WORK TO COMPLETE:
Write out, word for word, the part of the listing below that opens with the line containing "zero-Fits = (length-replicate" and closes with the line containing "promised_write c addr", keeping both of those lines and adding no others.

* * *

-- ===== src/Ecu/Promises.antt =====
-- What the answers of the ECU say, case by case.
use vdiag_server.Base.{
  ℕ, ◌*◌, ◌+◌, ◌-◌, ◌≤◌, ◌<◌, ◌≡◌, ◌≢◌, ◌⊎◌, ◌∙◌, sym, ap, false, none, some, List, [], ◌∷◌, length,
  take, drop, overwrite, replicate, length-replicate, length-overwrite, take-overwrite, leb, inl,
  inr, arith, Option-cases, Bool-cases, ◌&&◌, ◌==◌,
}
use vdiag_server.Can.{put, payload}
use vdiag_server.Ecu.Requests.{Fits}
use vdiag_server.Config.{EcuConfig}
use vdiag_server.Os.Files.{splice}
use vdiag_server.Handlers.Std.Session.{timing_bytes}
use vdiag_server.Server.{zero_message}
use vdiag_server.Ecu.{
  Ecu, read_identifier, read_bytes, write_bytes, write_identifier, answer_command, answer_entry,
  answer_write_entry,
}
use vdiag_server.Config.{DataIdentifier}
use vdiag_server.Handlers.DidMap.Lookup.{last_entry, entries}
use vdiag_server.Handlers.Std.ById.{IsOutside}

pub payload-put_zero :
    (bs : List ℕ) (n : ℕ) → length bs ≡ n → n ≤ 4096 → payload (put zero_message bs n) ≡ bs
payload-put_zero bs n e h =
    let zeros = replicate {A = ℕ} 4096 0 in
    ap (λ (k : ℕ). take k (overwrite bs zeros)) (sym e)
    ∙ take-overwrite bs zeros (omega (arith, length-replicate {A = ℕ} 4096 0))

pub put_zero-Fits : (bs : List ℕ) (n : ℕ) → n ≤ 4096 → Fits (put zero_message bs n)
put_zero-Fits bs n h =
    let zeros = replicate {A = ℕ} 4096 0 in
    (omega (arith, length-overwrite bs zeros, length-replicate {A = ℕ} 4096 0), h)

pub zero-Fits : Fits zero_message
zero-Fits = (length-replicate {A = ℕ} 4096 0, omega arith)

-- What the ECU promises of a read, and on what terms.
pub promised_read :
    (c : EcuConfig) (addr size : ℕ) (e e' : Ecu) (bytes : List ℕ)
    → answer_command c (read_bytes addr size) e ≡ some (bytes, e')
    → (c.memory.start_addr ≤ addr)
      × (addr + size ≤ c.memory.end_addr)
      × (addr + size ≤ length e.memory)
      × (0 < size)
      × (size < 4096)
      × (0 < e.files_left)
      × (bytes ≡ 0x63 ∷ take size (drop addr e.memory))
      × (e'.session ≡ e.session)
      × (e'.memory ≡ e.memory)
      × (e'.files_left ≡ e.files_left - 1)
unfolding answer_command
promised_read c addr size e e' bytes said = ground arith

-- What the ECU promises of a write: one of two refusals, or the write.
pub promised_write :
    (c : EcuConfig) (addr : ℕ) (new : List ℕ) (e e' : Ecu) (bytes : List ℕ)
    → answer_command c (write_bytes addr new) e ≡ some (bytes, e')
    → ((e.session ≢ 3) × (bytes ≡ 0x7f ∷ 0x3d ∷ 0x7f ∷ []) × (e' ≡ e))
      ⊎ (((e.session ≡ 3)
            × (addr + length new < 4294967296)
            × ((leb c.memory.start_addr addr && leb (addr + length new) c.memory.end_addr) ≡ false)
            × (bytes ≡ 0x7f ∷ 0x3d ∷ 0x31 ∷ [])
            × (e' ≡ e))
          ⊎ ((e.session ≡ 3)
              × (c.memory.start_addr ≤ addr)
              × (addr + length new ≤ c.memory.end_addr)
              × (addr + length new ≤ length e.memory)
              × (0 < length new)
              × (0 < e.files_left)
              × (bytes ≡ 0x7d ∷ [])
              × (e'.session ≡ e.session)
              × (e'.memory ≡ splice addr new e.memory)
              × (e'.files_left ≡ e.files_left)))
unfolding answer_command
promised_write c addr new e e' bytes said = ground arith

pub length-timing_bytes : (uses : ℕ) → length (timing_bytes uses) ≡ 4
length-timing_bytes uses = ground arith

-- What the ECU promises of an entry that it reads.
pub record PromisedEntry (c : EcuConfig) (hi lo : ℕ) (d : DataIdentifier) (e e' : Ecu)
    (bytes : List ℕ) : Type 0 where
  pub above : c.memory.start_addr ≤ d.address
  pub below : d.address + d.size ≤ c.memory.end_addr
  pub room : d.address + d.size ≤ length e.memory
  pub some_byte : 0 < d.size
  pub few : d.size < 4094
  pub spare : 0 < e.files_left
  pub found : bytes ≡ 0x62 ∷ hi ∷ lo ∷ take d.size (drop d.address e.memory)
  pub same_session : e'.session ≡ e.session
  pub same_memory : e'.memory ≡ e.memory
  pub after : e'.files_left ≡ e.files_left - 1

promised_entry :
    (c : EcuConfig) (hi lo : ℕ) (d : DataIdentifier) (e e' : Ecu) (bytes : List ℕ)
    → answer_entry c hi lo d e ≡ some (bytes, e')
    → (IsOutside c d × (bytes ≡ 0x7f ∷ 0x22 ∷ 0x31 ∷ []) × (e' ≡ e))
      ⊎ PromisedEntry c hi lo d e e' bytes
promised_entry c hi lo d e e' bytes said =
    elim (Bool-cases
      (leb c.memory.start_addr d.address && leb (d.address + d.size) c.memory.end_addr)) [
        | inl inside ↦ inr (record {
          above = ground (arith, inside);
          below = ground (arith, inside);
          room = ground arith;
          some_byte = ground arith;
          few = ground arith;
          spare = ground arith;
          found = ground arith;
          same_session = ground arith;
          same_memory = ground arith;
          after = ground arith;
        })
        | inr outside ↦ inl ((ground arith, outside), ground arith, ground arith)
      ]

-- What the ECU promises of an identifier: the refusal, or the bytes of its entry.
pub promised_identifier :
    (c : EcuConfig) (hi lo : ℕ) (e e' : Ecu) (bytes : List ℕ)
    → answer_command c (read_identifier hi lo) e ≡ some (bytes, e')
    → (((last_entry (entries c) (hi * 256 + lo) ≡ none)
          ⊎ ((d : DataIdentifier) × (last_entry (entries c) (hi * 256 + lo) ≡ some d)
              × IsOutside c d))
        × (bytes ≡ 0x7f ∷ 0x22 ∷ 0x31 ∷ [])
        × (e' ≡ e))
      ⊎ ((d : DataIdentifier) × (last_entry (entries c) (hi * 256 + lo) ≡ some d)
          × PromisedEntry c hi lo d e e' bytes)
unfolding answer_command
promised_identifier c hi lo e e' bytes said =
    elim (Option-cases (last_entry (entries c) (hi * 256 + lo))) [
      | inl missing ↦ inl (inl missing, ground (arith, missing), ground (arith, missing))
      | inr (d, entry) ↦ elim (promised_entry c hi lo d e e' bytes (ground (arith, entry))) [
        | inl (outside, reply, same) ↦ inl (inr (d, entry, outside), reply, same)
        | inr p ↦ inr (d, entry, p)
      ]
    ]

-- What the ECU promises of an entry that it writes.
pub record HasWritten (c : EcuConfig) (hi lo : ℕ) (new : List ℕ) (d : DataIdentifier) (e e' : Ecu)
    (bytes : List ℕ) : Type 0 where
  pub below : d.address + d.size ≤ c.memory.end_addr
  pub room : d.address + d.size ≤ length e.memory
  pub whole : d.size ≡ length new
  pub some_byte : 0 < d.size
  pub few : d.size < 4094
  pub spare : 0 < e.files_left
  pub found : bytes ≡ 0x6e ∷ hi ∷ lo ∷ []
  pub same_session : e'.session ≡ e.session
  pub grown : e'.memory ≡ splice d.address new e.memory
  pub after : e'.files_left ≡ e.files_left

promised_write_entry :
    (c : EcuConfig) (hi lo : ℕ) (new : List ℕ) (d : DataIdentifier) (e e' : Ecu) (bytes : List ℕ)
    → answer_write_entry c hi lo new d e ≡ some (bytes, e')
    → HasWritten c hi lo new d e e' bytes
promised_write_entry c hi lo new d e e' bytes said = ground arith

-- What the ECU promises of a write by identifier: one of two refusals, or the write.
pub promised_write_identifier :
    (c : EcuConfig) (hi lo : ℕ) (new : List ℕ) (e e' : Ecu) (bytes : List ℕ)
    → answer_command c (write_identifier hi lo new) e ≡ some (bytes, e')
    → ((e.session ≢ 3) × (bytes ≡ 0x7f ∷ 0x2e ∷ 0x7f ∷ []) × (e' ≡ e))
      ⊎ (((e.session ≡ 3)
            × (last_entry (entries c) (hi * 256 + lo) ≡ none)
            × (bytes ≡ 0x7f ∷ 0x2e ∷ 0x31 ∷ [])
            × (e' ≡ e))
          ⊎ ((e.session ≡ 3)
              × ((d : DataIdentifier) × (last_entry (entries c) (hi * 256 + lo) ≡ some d)
                  × HasWritten c hi lo new d e e' bytes)))
unfolding answer_command
promised_write_identifier c hi lo new e e' bytes said = elim (Bool-cases (e.session == 3)) [
  | inr other ↦ inl (ground arith, ground arith, ground arith)
  | inl extended ↦
      let is_three : e.session ≡ 3 = ground arith in
      elim (Option-cases (last_entry (entries c) (hi * 256 + lo))) [
        | inl missing ↦
            inr (inl (is_three, missing, ground (arith, missing), ground (arith, missing)))
        | inr (d, entry) ↦ inr (
            inr (
              is_three,
              (d, entry, promised_write_entry c hi lo new d e e' bytes (ground (arith, entry))),
            ))
      ]
]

* * *

WRITTEN SOLUTION:
zero-Fits = (length-replicate {A = ℕ} 4096 0, omega arith)

-- What the ECU promises of a read, and on what terms.
pub promised_read :
    (c : EcuConfig) (addr size : ℕ) (e e' : Ecu) (bytes : List ℕ)
    → answer_command c (read_bytes addr size) e ≡ some (bytes, e')
    → (c.memory.start_addr ≤ addr)
      × (addr + size ≤ c.memory.end_addr)
      × (addr + size ≤ length e.memory)
      × (0 < size)
      × (size < 4096)
      × (0 < e.files_left)
      × (bytes ≡ 0x63 ∷ take size (drop addr e.memory))
      × (e'.session ≡ e.session)
      × (e'.memory ≡ e.memory)
      × (e'.files_left ≡ e.files_left - 1)
unfolding answer_command
promised_read c addr size e e' bytes said = ground arith

-- What the ECU promises of a write: one of two refusals, or the write.
pub promised_write :
    (c : EcuConfig) (addr : ℕ) (new : List ℕ) (e e' : Ecu) (bytes : List ℕ)
    → answer_command c (write_bytes addr new) e ≡ some (bytes, e')
    → ((e.session ≢ 3) × (bytes ≡ 0x7f ∷ 0x3d ∷ 0x7f ∷ []) × (e' ≡ e))
      ⊎ (((e.session ≡ 3)
            × (addr + length new < 4294967296)
            × ((leb c.memory.start_addr addr && leb (addr + length new) c.memory.end_addr) ≡ false)
            × (bytes ≡ 0x7f ∷ 0x3d ∷ 0x31 ∷ [])
            × (e' ≡ e))
          ⊎ ((e.session ≡ 3)
              × (c.memory.start_addr ≤ addr)
              × (addr + length new ≤ c.memory.end_addr)
              × (addr + length new ≤ length e.memory)
              × (0 < length new)
              × (0 < e.files_left)
              × (bytes ≡ 0x7d ∷ [])
              × (e'.session ≡ e.session)
              × (e'.memory ≡ splice addr new e.memory)
              × (e'.files_left ≡ e.files_left)))
unfolding answer_command
promised_write c addr new e e' bytes said = ground arith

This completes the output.